Telle qu’elle a été votée en première lecture par l’Assemblée, la loi Canfin affirme un certain nombre de principes sur la responsabilité sociale et environnementale des entreprises, la transparence et la nécessité pour l’Agence française de développement (AFD) de renforcer les règles qu’elle exige de la part des entreprises qu’elle finance. Des avancées d’autant plus positives que le budget de la coopération française a toujours été gérée de manière particulièrement opaque. Désormais, les députés fixeront les critères d’attribution de l’aide au développement et pourront éviter que celle-ci ne serve à des projets portant atteinte à l’environnement et aux droits humains.

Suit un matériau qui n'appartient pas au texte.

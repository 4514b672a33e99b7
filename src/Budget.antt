-- ===== src/Budget.antt =====
-- src/padrino/economics/budget_reservations.py: slots of a budget, claimed by several sessions at once.
-- The rows are those of one scope. Amounts of money are natural numbers of one small unit. The table
-- refuses a second row with one index, by its unique constraint.
pub mod Amounts
pub mod Free
pub mod Capacity
use padrino.Base.{
  ◌≡◌, ℕ, zero, suc, ◌+◌, ◌/◌, ◌%◌, Bool, true, false, ◌&&◌, ◌||◌, not, Option, none, some, List,
  [], ◌∷◌, ◌++◌, map, count_if, length, mem, nat_eq, ltb, leb, ◌=ℕ=◌, if◌then◌else◌,
}

pub record Slot : Type 0 where
  pub slot_index : ℕ
  -- `released_at IS NULL`
  pub is_live : Bool

-- What one call of `claim_budget_slot` is given.
pub record Terms : Type 0 where
  pub spent_usd : ℕ
  pub budget_usd : ℕ
  pub reserve_usd : ℕ

unfoldable pub budget_slot_count : (budget_usd reserve_usd : ℕ) → ℕ
budget_slot_count budget_usd reserve_usd =
    if budget_usd =ℕ= 0 || reserve_usd =ℕ= 0 then 0 else budget_usd / reserve_usd

-- `math.ceil(n / d)`, for a positive `d`.
abbrev ceil_div : ℕ → ℕ → ℕ
ceil_div n d = if n % d =ℕ= 0 then n / d else suc (n / d)

unfoldable pub implicit_budget_used : (spent_usd reserve_usd : ℕ) → ℕ
implicit_budget_used spent_usd reserve_usd =
    if spent_usd =ℕ= 0 || reserve_usd =ℕ= 0 then 0 else ceil_div spent_usd reserve_usd

-- `cap` of `claim_budget_slot`.
unfoldable pub cap_of : Terms → ℕ
unfolding budget_slot_count
cap_of terms = budget_slot_count terms.budget_usd terms.reserve_usd

-- `implicit_used` of `claim_budget_slot`, at most the cap.
unfoldable pub implicit_of : Terms → ℕ
unfolding implicit_budget_used cap_of
implicit_of terms =
    let implicit_used = implicit_budget_used terms.spent_usd terms.reserve_usd in
    if ltb (cap_of terms) implicit_used then cap_of terms else implicit_used

-- `everything` of `_slot_indices`.
abbrev pub all_indices : List Slot → List ℕ
all_indices rows = map (λ r. r.slot_index) rows

-- `len(live)` of `_slot_indices`.
abbrev pub live_count : List Slot → ℕ
live_count rows = count_if (λ r. r.is_live) rows

-- The loop of `_next_free_index`; one round more than there are taken indices is enough.
unfoldable pub free_from : ℕ → ℕ → ℕ → List ℕ → ℕ
unfolding mem
free_from zero index implicit_used physical = index
free_from (suc fuel) index implicit_used physical =
    let next = free_from fuel (suc index) implicit_used physical in
    if ltb index implicit_used || mem index physical then next else index

unfoldable pub next_free_index : ℕ → List ℕ → ℕ
unfolding free_from
next_free_index implicit_used physical =
    free_from (suc (implicit_used + length physical)) 0 implicit_used physical

-- What one round of the loop of `claim_budget_slot` ends in.
pub data Attempt : Type 0 where
  -- `return None`
  exhausted : Attempt
  -- `IntegrityError`, and the loop goes on
  conflict : Attempt
  -- the rows after the insertion
  inserted : List Slot → Attempt

-- The index that a round inserts, if the rows that it has read leave a slot.
unfoldable pub planned : Terms → List Slot → Option ℕ
unfolding next_free_index cap_of implicit_of
planned terms rows =
    if cap_of terms =ℕ= 0
    then none
    else if leb (cap_of terms) (implicit_of terms + live_count rows)
    then none
    else some (next_free_index (implicit_of terms) (all_indices rows))

-- The insertion of an index into the rows, which may have changed since they were read.
unfoldable pub insert_planned : Option ℕ → List Slot → Attempt
unfolding mem
insert_planned none rows = exhausted
insert_planned (some index) rows =
    if mem index (all_indices rows)
    then conflict
    else inserted (rows ++ record { slot_index = index; is_live = true } ∷ [])

unfoldable pub release_slot : ℕ → List Slot → List Slot
release_slot index rows =
    map (λ r. if r.slot_index =ℕ= index then record r { is_live = false } else r) rows

-- A claim under way: what its call was given, and the rows that its round has read.
pub record Claim : Type 0 where
  pub terms : Terms
  pub seen : List Slot

pub record Sessions : Type 0 where
  pub rows : List Slot
  pub claims : List Claim

-- One step of one session; claims read, insert and end in any order, and slots are released between.
-- A claim that ran into a conflict ends here and reads again as a new one, of the same terms.
pub data Step : Sessions → Sessions → Type 0 where
  read :
      {s : Sessions} (terms : Terms)
      → Step s (record s { claims = record { terms = terms; seen = s.rows } ∷ s.claims })
  insert :
      {s : Sessions} (before after : List Claim) (claim : Claim) (rows : List Slot)
      → s.claims ≡ before ++ claim ∷ after
      → insert_planned (planned claim.terms claim.seen) s.rows ≡ inserted rows
      → Step s (record { rows = rows; claims = before ++ after })
  give_up :
      {s : Sessions} (before after : List Claim) (claim : Claim)
      → s.claims ≡ before ++ claim ∷ after
      → Step s (record s { claims = before ++ after })
  release : {s : Sessions} (index : ℕ) → Step s (record s { rows = release_slot index s.rows })

pub data Steps : Sessions → Sessions → Type 0 where
  here : {s : Sessions} → Steps s s
  then_step : {s t u : Sessions} → Step s t → Steps t u → Steps s u

-- Every claim that starts in the step, and in the steps, has the given terms.
unfoldable pub IsReadAt : Terms → {s t : Sessions} → Step s t → Type 0
IsReadAt given (read terms) = terms ≡ given
IsReadAt given (insert before after claim rows at done) = Unit
IsReadAt given (give_up before after claim at) = Unit
IsReadAt given (release index) = Unit

unfoldable pub AreReadAt : Terms → {s t : Sessions} → Steps s t → Type 0
unfolding IsReadAt
AreReadAt given here = Unit
AreReadAt given (then_step first rest) = IsReadAt given first × AreReadAt given rest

Mais, souligne le CCFD Terre Solidaire dans un communiqué de presse, « les travaux ont déraillé au moment de la formulation de mesures concrètes et contraignantes. Le gouvernement s’est en effet opposé à la proposition d’introduire, au niveau du groupe AFD une obligation de reporting comptable pays par pays pour l’ensemble des entreprises qui bénéficient de son soutien financier. (…) Le même sort a été réservé au devoir de vigilance des sociétés mères à l’égard de leurs filiales et sous-traitants. Si le principe a été inscrit, ce qui constitue une avancée, il se limite à affirmer que les entreprises doivent identifier, prévenir et atténuer les atteintes aux droits de l’Homme dont elles sont responsables, sans l’assortir d’aucune contrainte. »
L’inclusion dans la loi Canfin d’amendements sur le devoir de vigilance des entreprises multinationales et sur le renforcement de la responsabilité juridique des sociétés mères avait été vu par certains comme un abandon du projet de loi spécifique sur ces enjeux qui a été élaboré par un groupe de députés socialistes et verts. Ce que démentent les initiateurs de cette proposition de loi. Le député PS Dominique Potier déclare ainsi à Novethic que « le gouvernement est convaincu sur les objectifs de cette loi », tout en admettant qu’il reste « prudent sur les moyens à mettre en œuvre ».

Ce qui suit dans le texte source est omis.